From the entries below, retype only the lines from the one with "unfoldable pub format_input_bytes" through the one with "format_input_dynamic_bytes is_finite value_", exactly as written.
Top of Supplied data
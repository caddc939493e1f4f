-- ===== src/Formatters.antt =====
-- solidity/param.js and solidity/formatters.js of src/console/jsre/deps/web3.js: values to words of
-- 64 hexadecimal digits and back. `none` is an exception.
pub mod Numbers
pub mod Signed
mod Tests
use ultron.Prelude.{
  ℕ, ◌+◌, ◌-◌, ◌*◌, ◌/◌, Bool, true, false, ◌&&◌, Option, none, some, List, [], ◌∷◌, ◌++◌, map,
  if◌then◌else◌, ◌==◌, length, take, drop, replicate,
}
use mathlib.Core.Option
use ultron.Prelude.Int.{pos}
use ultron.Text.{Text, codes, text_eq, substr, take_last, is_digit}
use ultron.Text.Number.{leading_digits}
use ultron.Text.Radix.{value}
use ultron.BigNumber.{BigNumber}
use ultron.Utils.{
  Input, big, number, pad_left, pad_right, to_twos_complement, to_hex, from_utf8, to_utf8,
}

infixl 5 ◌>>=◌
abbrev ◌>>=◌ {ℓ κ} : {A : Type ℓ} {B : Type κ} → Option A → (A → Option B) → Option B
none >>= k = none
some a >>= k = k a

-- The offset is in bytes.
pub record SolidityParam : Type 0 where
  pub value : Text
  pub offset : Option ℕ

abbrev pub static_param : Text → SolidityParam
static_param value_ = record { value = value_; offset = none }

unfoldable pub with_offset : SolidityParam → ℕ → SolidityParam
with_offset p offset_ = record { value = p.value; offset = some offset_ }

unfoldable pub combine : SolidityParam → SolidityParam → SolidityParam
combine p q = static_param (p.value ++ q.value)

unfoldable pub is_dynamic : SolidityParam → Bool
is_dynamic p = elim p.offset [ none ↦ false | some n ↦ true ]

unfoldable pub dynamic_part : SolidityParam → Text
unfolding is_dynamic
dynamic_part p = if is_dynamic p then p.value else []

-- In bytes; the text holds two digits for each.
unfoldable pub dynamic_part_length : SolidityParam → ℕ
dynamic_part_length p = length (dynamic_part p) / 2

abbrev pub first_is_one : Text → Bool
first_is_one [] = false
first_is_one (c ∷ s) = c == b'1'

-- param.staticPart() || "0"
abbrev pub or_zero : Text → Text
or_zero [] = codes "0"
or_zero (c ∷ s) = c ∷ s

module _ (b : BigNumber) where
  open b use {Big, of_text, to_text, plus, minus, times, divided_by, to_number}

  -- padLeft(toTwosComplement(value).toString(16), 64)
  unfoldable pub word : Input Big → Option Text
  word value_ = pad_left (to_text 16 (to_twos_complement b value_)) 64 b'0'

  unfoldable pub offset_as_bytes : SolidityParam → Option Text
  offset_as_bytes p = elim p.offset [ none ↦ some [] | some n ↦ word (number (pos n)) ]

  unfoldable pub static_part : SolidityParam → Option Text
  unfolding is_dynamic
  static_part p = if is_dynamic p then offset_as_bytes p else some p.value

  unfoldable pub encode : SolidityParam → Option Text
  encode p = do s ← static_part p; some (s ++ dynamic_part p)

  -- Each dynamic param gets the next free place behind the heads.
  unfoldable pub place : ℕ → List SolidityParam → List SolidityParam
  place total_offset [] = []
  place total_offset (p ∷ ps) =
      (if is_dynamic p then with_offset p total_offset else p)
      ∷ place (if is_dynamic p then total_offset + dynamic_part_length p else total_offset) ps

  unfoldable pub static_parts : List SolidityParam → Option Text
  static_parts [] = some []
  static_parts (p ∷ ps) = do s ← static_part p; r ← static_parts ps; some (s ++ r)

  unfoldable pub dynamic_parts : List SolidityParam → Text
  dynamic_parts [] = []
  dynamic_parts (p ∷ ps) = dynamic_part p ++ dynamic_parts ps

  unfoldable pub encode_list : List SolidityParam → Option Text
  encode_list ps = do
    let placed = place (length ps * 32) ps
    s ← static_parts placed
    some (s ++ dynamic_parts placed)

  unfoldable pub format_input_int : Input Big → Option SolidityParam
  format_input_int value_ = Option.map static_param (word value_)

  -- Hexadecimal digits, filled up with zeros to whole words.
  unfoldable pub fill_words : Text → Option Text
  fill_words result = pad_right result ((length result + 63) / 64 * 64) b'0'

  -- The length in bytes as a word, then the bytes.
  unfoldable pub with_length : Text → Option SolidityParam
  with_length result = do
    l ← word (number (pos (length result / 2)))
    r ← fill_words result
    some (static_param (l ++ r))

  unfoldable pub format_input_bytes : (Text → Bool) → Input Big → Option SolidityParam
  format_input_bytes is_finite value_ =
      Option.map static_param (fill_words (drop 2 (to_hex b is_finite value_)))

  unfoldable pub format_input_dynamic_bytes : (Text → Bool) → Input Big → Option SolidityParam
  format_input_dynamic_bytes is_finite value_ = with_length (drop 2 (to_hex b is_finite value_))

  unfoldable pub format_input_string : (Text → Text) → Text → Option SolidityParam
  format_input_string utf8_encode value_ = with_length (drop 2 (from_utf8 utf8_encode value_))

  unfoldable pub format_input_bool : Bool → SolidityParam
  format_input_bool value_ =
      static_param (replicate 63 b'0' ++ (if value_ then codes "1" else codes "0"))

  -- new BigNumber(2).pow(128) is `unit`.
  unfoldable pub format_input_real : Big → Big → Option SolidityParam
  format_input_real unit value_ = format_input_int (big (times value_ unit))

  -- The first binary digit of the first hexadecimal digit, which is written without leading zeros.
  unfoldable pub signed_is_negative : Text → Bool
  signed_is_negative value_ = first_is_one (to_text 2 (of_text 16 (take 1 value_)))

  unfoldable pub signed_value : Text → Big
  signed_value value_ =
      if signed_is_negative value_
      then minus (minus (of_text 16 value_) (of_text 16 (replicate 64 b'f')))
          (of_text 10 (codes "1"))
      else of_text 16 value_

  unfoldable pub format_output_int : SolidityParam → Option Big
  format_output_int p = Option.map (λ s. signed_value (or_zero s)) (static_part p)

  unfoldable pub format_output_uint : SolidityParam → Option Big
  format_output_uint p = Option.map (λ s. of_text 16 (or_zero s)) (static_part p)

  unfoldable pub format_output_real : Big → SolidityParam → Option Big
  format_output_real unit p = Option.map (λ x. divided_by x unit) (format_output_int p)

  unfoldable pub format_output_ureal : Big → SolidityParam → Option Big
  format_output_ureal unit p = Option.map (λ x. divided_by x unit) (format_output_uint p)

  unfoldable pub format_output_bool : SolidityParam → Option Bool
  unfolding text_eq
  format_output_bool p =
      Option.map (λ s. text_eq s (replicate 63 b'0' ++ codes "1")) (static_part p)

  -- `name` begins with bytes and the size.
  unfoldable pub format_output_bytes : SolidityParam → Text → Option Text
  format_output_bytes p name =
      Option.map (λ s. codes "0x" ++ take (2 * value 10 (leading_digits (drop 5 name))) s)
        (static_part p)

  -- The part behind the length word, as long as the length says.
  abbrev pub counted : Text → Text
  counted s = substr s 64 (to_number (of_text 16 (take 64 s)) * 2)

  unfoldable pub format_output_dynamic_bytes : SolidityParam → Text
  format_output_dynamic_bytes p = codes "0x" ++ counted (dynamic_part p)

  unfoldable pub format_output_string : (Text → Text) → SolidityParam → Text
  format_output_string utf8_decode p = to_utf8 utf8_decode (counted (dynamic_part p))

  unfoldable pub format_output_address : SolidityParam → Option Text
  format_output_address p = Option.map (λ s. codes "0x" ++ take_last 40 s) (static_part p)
Bottom of Supplied data
▶ **Task answer**:
  unfoldable pub format_input_bytes : (Text → Bool) → Input Big → Option SolidityParam
  format_input_bytes is_finite value_ =
      Option.map static_param (fill_words (drop 2 (to_hex b is_finite value_)))

  unfoldable pub format_input_dynamic_bytes : (Text → Bool) → Input Big → Option SolidityParam
  format_input_dynamic_bytes is_finite value_ = with_length (drop 2 (to_hex b is_finite value_))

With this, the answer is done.